While tax reform is still very much a work in progress, there was a lot of good news for retirement plans and retirement savers yesterday. But there were also a couple of unwelcome surprises, particularly for 403(b) and 457(b) plans.

While there had been concerns that Rothification might surface in the Senate’s proposal, the much-anticipated Senate GOP tax proposal unveiled yesterday left 401(k)s and IRAs alone. At least that’s the interpretation of language contained in a policy highlights document that says the proposal “continues popular retirement savings programs such as 401(k)s and Individual Retirement Accounts, to help Americans build their retirement nest eggs and prepare for the future.”

There was even better news — certainly for those who sponsor and/or work with nonqualified deferred compensation plans – from the House Ways & Means Committee, which passed an updated version of its proposal (along party lines) that unwound a provision that could have done major damage to deferred compensation plans.
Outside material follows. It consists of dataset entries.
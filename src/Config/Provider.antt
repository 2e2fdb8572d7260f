-- ===== src/Config/Provider.antt =====
-- internal/config/config.go: which wire formats a provider is reachable with, the one that is chosen
-- for an inbound format, and the URL that serves a format. A set of formats is a list. `table` is
-- unicode.ToLower beyond ASCII.
pub mod Reachable
use oh_my_api.Base.{
  ℕ, Bool, true, false, not, ◌&&◌, Option, none, some, List, [], ◌∷◌, ◌++◌, any, if◌then◌else◌,
  Text,
}
use oh_my_api.Codec.Format.{
  Format, format_eq, normalize_provider_format, normalize_protocols, Choice, passthrough,
  select_best_format,
}

pub record EndpointConfig : Type 0 where
  pub url : Text
  pub protocols : List Text

-- The fields of ProviderConfig that these functions read.
pub record ProviderConfig : Type 0 where
  pub endpoint : Text
  pub endpoints : List EndpointConfig
  pub protocols : List Text

-- fallbackEndpoint
unfoldable pub fallback_endpoint : ProviderConfig → Text
fallback_endpoint p = elim p.endpoints [ [] ↦ p.endpoint | e ∷ es ↦ e.url ]

abbrev pub has_format : Format → List Format → Bool
has_format f fs = any (λ g. format_eq g f) fs

abbrev pub url_or : Text → Option Text → Text
url_or fallback none = fallback
url_or fallback (some url) = url

abbrev pub no_formats : List Format → Bool
no_formats [] = true
no_formats (f ∷ fs) = false

abbrev pub best_of_protocols : Format → Option (List Format) → Option Choice
best_of_protocols inbound none = none
best_of_protocols inbound (some formats) = select_best_format formats inbound

abbrev pub or_none_reachable : Option (List Format) → List Format
or_none_reachable none = []
or_none_reachable (some formats) = formats

module _ (table : ℕ → ℕ) where
  -- The protocols of an endpoint that are formats, in order; the others are skipped.
  unfoldable pub formats_in : List Text → List Format
  formats_in [] = []
  formats_in (proto ∷ protos) =
      let rest = formats_in protos in
      elim (normalize_provider_format table proto) [ none ↦ rest | some f ↦ f ∷ rest ]

  unfoldable pub endpoint_formats : List EndpointConfig → List Format
  unfolding formats_in
  endpoint_formats [] = []
  endpoint_formats (e ∷ es) = formats_in e.protocols ++ endpoint_formats es

  -- The loops of GetEndpoint: the first endpoint with a protocol of the format.
  unfoldable pub url_of : Format → List EndpointConfig → Option Text
  unfolding formats_in
  url_of f [] = none
  url_of f (e ∷ es) =
      let rest = url_of f es in if has_format f (formats_in e.protocols) then some e.url else rest

  unfoldable pub get_endpoint : ProviderConfig → Text → Text
  unfolding url_of fallback_endpoint
  get_endpoint p inbound = elim (normalize_provider_format table inbound) [
    | none ↦ fallback_endpoint p
    | some f ↦ url_or (fallback_endpoint p) (url_of f p.endpoints)
  ]

  -- SelectOutboundFormat; `none` is its error.
  unfoldable pub select_outbound_format : ProviderConfig → Format → Option Choice
  unfolding endpoint_formats
  select_outbound_format p inbound =
      let all_formats = endpoint_formats p.endpoints in
      if has_format inbound all_formats
      then some (record { format = inbound; reason = passthrough; cost = 0 })
      else if not (no_formats all_formats)
      then select_best_format all_formats inbound
      else best_of_protocols inbound (normalize_protocols table p.protocols)

  -- reachableFormats
  unfoldable pub reachable_formats : ProviderConfig → List Format
  unfolding endpoint_formats
  reachable_formats p =
      let formats = endpoint_formats p.endpoints in
      if not (no_formats formats)
      then formats
      else or_none_reachable (normalize_protocols table p.protocols)

  -- The loop of filterReachableFormats, with the formats taken so far, each once.
  unfoldable pub filter_from : List Format → List Format → List Text → List Format
  filter_from reachable formats [] = formats
  filter_from reachable formats (raw ∷ raws) = elim (normalize_provider_format table raw) [
    | none ↦ filter_from reachable formats raws
    | some f ↦
        filter_from reachable
          (if has_format f reachable && not (has_format f formats)
            then formats ++ (f ∷ [])
            else formats)
          raws
  ]

  unfoldable pub filter_reachable_formats : ProviderConfig → List Text → List Format
  unfolding filter_from reachable_formats
  filter_reachable_formats p raw_protocols = filter_from (reachable_formats p) [] raw_protocols

  -- ProtocolReachable
  unfoldable pub protocol_reachable : ProviderConfig → Text → Bool
  unfolding filter_reachable_formats
  protocol_reachable p raw = not (no_formats (filter_reachable_formats p (raw ∷ [])))
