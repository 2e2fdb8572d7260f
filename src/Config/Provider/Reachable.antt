-- ===== src/Config/Provider/Reachable.antt =====
-- That the format that is chosen for a provider can be reached there, and at which URL.
use oh_my_api.Base.{
  ℕ, ◌≡◌, refl, sym, subst, ap, ◌∙◌, ◌≢◌, ◌⊎◌, inl, inr, true, false, not, Option, none, some, List,
  [], ◌∷◌, ◌++◌, Some, arith, Bool-cases, Text, trim_space, text_eq,
}
use mathlib.Core.Option.{some-injective}
use oh_my_api.Codec.Format.{
  Format, openai_chat, openai_response, anthropic_messages, ollama_chat, format_eq, format_text,
  normalize_provider_format, normalize_protocols, Choice, passthrough, select_best_format,
}
use oh_my_api.Codec.Format.Cheapest.{format_eq_refl, select_best_format-IsCheapest}
use oh_my_api.Config.Provider.{
  EndpointConfig, ProviderConfig, formats_in, endpoint_formats, has_format, url_of, get_endpoint,
  select_outbound_format, reachable_formats, filter_reachable_formats, filter_from,
  protocol_reachable, no_formats, best_of_protocols, or_none_reachable,
}

module _ (table : ℕ → ℕ) where
  normalize-format_text : (f : Format) → normalize_provider_format table (format_text f) ≡ some f
  unfolding normalize_provider_format trim_space text_eq format_text
  normalize-format_text openai_chat = refl
  normalize-format_text openai_response = refl
  normalize-format_text anthropic_messages = refl
  normalize-format_text ollama_chat = refl

  has_format-append :
      (f : Format) (xs ys : List Format)
      → has_format f (xs ++ ys) ≡ true
      → (has_format f xs ≡ true) ⊎ (has_format f ys ≡ true)
  has_format-append f [] ys h = inr h
  has_format-append f (x ∷ xs) ys h = elim (Bool-cases (format_eq x f)) [
    | inl e ↦ inl (rw e refl)
    | inr e ↦ elim (has_format-append f xs ys (rw e at h)) [ inl k ↦ inl (rw e k) | inr k ↦ inr k ]
  ]

  -- A URL that serves a format: that of an endpoint with a protocol of the format.
  abbrev pub Serves : List EndpointConfig → Format → Text → Type 0
  Serves es f url =
      Some (λ e. (e.url ≡ url) × (has_format f (formats_in table e.protocols) ≡ true)) es

  url_of-Serves :
      (f : Format) (es : List EndpointConfig)
      → has_format f (endpoint_formats table es) ≡ true
      → (url : Text) × (url_of table f es ≡ some url) × Serves es f url
  unfolding url_of endpoint_formats
  url_of-Serves f [] h = cc
  url_of-Serves f (e ∷ es) h = elim (Bool-cases (has_format f (formats_in table e.protocols))) [
    | inl k ↦ (e.url, rw k refl, inl (refl, k))
    | inr k ↦
        elim (has_format-append f (formats_in table e.protocols) (endpoint_formats table es) h) [
          | inl m ↦ absurd (ground (arith, k, m))
          | inr m ↦ (let (url, eq, s) = url_of-Serves f es m in (url, rw k eq, inr s))
        ]
  ]

  Some-has_format : (f : Format) (fs : List Format) → Some (λ g. g ≡ f) fs → has_format f fs ≡ true
  Some-has_format f [] m = elim m [ ]
  Some-has_format f (g ∷ fs) (inl e) =
      ground (arith, subst (λ x. format_eq x f ≡ true) (sym e) (format_eq_refl f))
  Some-has_format f (g ∷ fs) (inr m) = ground (arith, Some-has_format f fs m)

  select_best_format-has_format :
      (fs : List Format) (inbound : Format) (choice : Choice)
      → inbound ≢ ollama_chat
      → select_best_format fs inbound ≡ some choice
      → has_format choice.format fs ≡ true
  unfolding select_best_format
  select_best_format-has_format [] inbound choice ne h = cc
  select_best_format-has_format (f ∷ fs) inbound choice ne h =
      let (best, eq, cheap) = select_best_format-IsCheapest f fs inbound ne in
      let same : best ≡ choice = some-injective best choice (sym eq ∙ h) in
      subst (λ (c : Choice). has_format c.format (f ∷ fs) ≡ true) same
        (Some-has_format best.format (f ∷ fs) cheap.0)

  has_format-some_formats :
      (f : Format) (fs : List Format) → has_format f fs ≡ true → no_formats fs ≡ false
  has_format-some_formats f [] h = sym h
  has_format-some_formats f (g ∷ fs) h = refl

  filter_from_one :
      (reachable : List Format) (f : Format) (raw : Text)
      → normalize_provider_format table raw ≡ some f
      → has_format f reachable ≡ true
      → filter_from table reachable [] (raw ∷ []) ≡ f ∷ []
  unfolding filter_from
  filter_from_one reachable f raw e h = rw (e, h, filter_from) refl

  protocol_reachable-format_text :
      (p : ProviderConfig) (f : Format)
      → has_format f (reachable_formats table p) ≡ true
      → protocol_reachable table p (format_text f) ≡ true
  unfolding protocol_reachable filter_reachable_formats
  protocol_reachable-format_text p f h =
      ap (λ fs. not (no_formats fs))
        (filter_from_one (reachable_formats table p) f (format_text f) (normalize-format_text f) h)

  best_of_protocols-has_format :
      (inbound : Format) (o : Option (List Format)) (choice : Choice)
      → inbound ≢ ollama_chat
      → best_of_protocols inbound o ≡ some choice
      → has_format choice.format (or_none_reachable o) ≡ true
  best_of_protocols-has_format inbound none choice ne h = cc
  best_of_protocols-has_format inbound (some fs) choice ne h =
      select_best_format-has_format fs inbound choice ne h

  -- Whatever way the format is chosen, it is one of the endpoints' formats, if there are any, and
  -- else one of the provider's protocols.
  data Chosen (p : ProviderConfig) (choice : Choice) : Type 0 where
    of_endpoints :
        has_format choice.format (endpoint_formats table p.endpoints) ≡ true
        → no_formats (endpoint_formats table p.endpoints) ≡ false
        → Chosen p choice
    of_protocols :
        has_format choice.format (or_none_reachable (normalize_protocols table p.protocols)) ≡ true
        → no_formats (endpoint_formats table p.endpoints) ≡ true
        → Chosen p choice

  select_outbound_format-Chosen :
      (p : ProviderConfig) (inbound : Format) (choice : Choice)
      → inbound ≢ ollama_chat
      → select_outbound_format table p inbound ≡ some choice
      → Chosen p choice
  unfolding select_outbound_format
  select_outbound_format-Chosen p inbound choice ne h =
      let fs = endpoint_formats table p.endpoints in
      elim (Bool-cases (has_format inbound fs)) [
        | inl e ↦
            let pass : Choice = record { format = inbound; reason = passthrough; cost = 0 } in
            let same : pass ≡ choice =
              some-injective pass choice (rw (e, select_outbound_format) at h) in
            of_endpoints (subst (λ (c : Choice). has_format c.format fs ≡ true) same e)
              (has_format-some_formats inbound fs e)
        | inr e ↦ elim (Bool-cases (no_formats fs)) [
          | inr k ↦
              of_endpoints
                (select_best_format-has_format fs inbound choice ne
                  (rw (e, k, select_outbound_format) at h))
                k
          | inl k ↦
              of_protocols
                (best_of_protocols-has_format inbound (normalize_protocols table p.protocols) choice
                  ne (rw (e, k, select_outbound_format) at h))
                k
        ]
      ]

  Chosen-reachable :
      (p : ProviderConfig) (choice : Choice)
      → Chosen p choice
      → has_format choice.format (reachable_formats table p) ≡ true
  unfolding reachable_formats
  Chosen-reachable p choice (of_endpoints m k) = rw (k, reachable_formats) m
  Chosen-reachable p choice (of_protocols m k) = rw (k, reachable_formats) m

  get_endpoint-Serves :
      (p : ProviderConfig) (f : Format)
      → has_format f (endpoint_formats table p.endpoints) ≡ true
      → Serves p.endpoints f (get_endpoint table p (format_text f))
  unfolding get_endpoint
  get_endpoint-Serves p f h =
      let (url, e, s) = url_of-Serves f p.endpoints h in
      let goes : get_endpoint table p (format_text f) ≡ url =
        rw (normalize-format_text f, e, get_endpoint) refl in
      subst (Serves p.endpoints f) (sym goes) s

  -- The format that is chosen for a provider and an inbound format other than Ollama's is reachable
  -- there; and if any endpoint has a valid protocol, the URL for the format is that of an endpoint
  -- with a protocol of this format.
  pub select_outbound_format-reachable :
      (p : ProviderConfig) (inbound : Format) (choice : Choice)
      → inbound ≢ ollama_chat
      → select_outbound_format table p inbound ≡ some choice
      → (protocol_reachable table p (format_text choice.format) ≡ true)
        × (no_formats (endpoint_formats table p.endpoints) ≡ false
            → Serves p.endpoints choice.format (get_endpoint table p (format_text choice.format)))
  select_outbound_format-reachable p inbound choice ne h =
      let chosen = select_outbound_format-Chosen p inbound choice ne h in
      (
        protocol_reachable-format_text p choice.format (Chosen-reachable p choice chosen),
        λ some_formats. elim chosen [
          | of_endpoints m k ↦ get_endpoint-Serves p choice.format m
          | of_protocols m k ↦ absurd (ground (arith, k, some_formats))
        ],
      )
A summary of the Chairman’s Amendment #2 reads simply: “Section 3801 — Nonqualified deferred compensation. The amendment strikes Section 3801 so that the current-law tax treatment of nonqualified deferred compensation is preserved.”

  

Mark Makers

However, in the Senate, the Chairman’s Mark unveiled by Sen. Orrin Hatch (R-Utah) throws a few unexpected curves — starting with incorporating the same provision that dramatically limited nonqualified deferred compensation that the version that emerged from the House Ways & Means Committee had removed. For more on this, as well as a proposal to cap catch-up contributions and some takeaways for 403(b) and 457(b) plans — click here.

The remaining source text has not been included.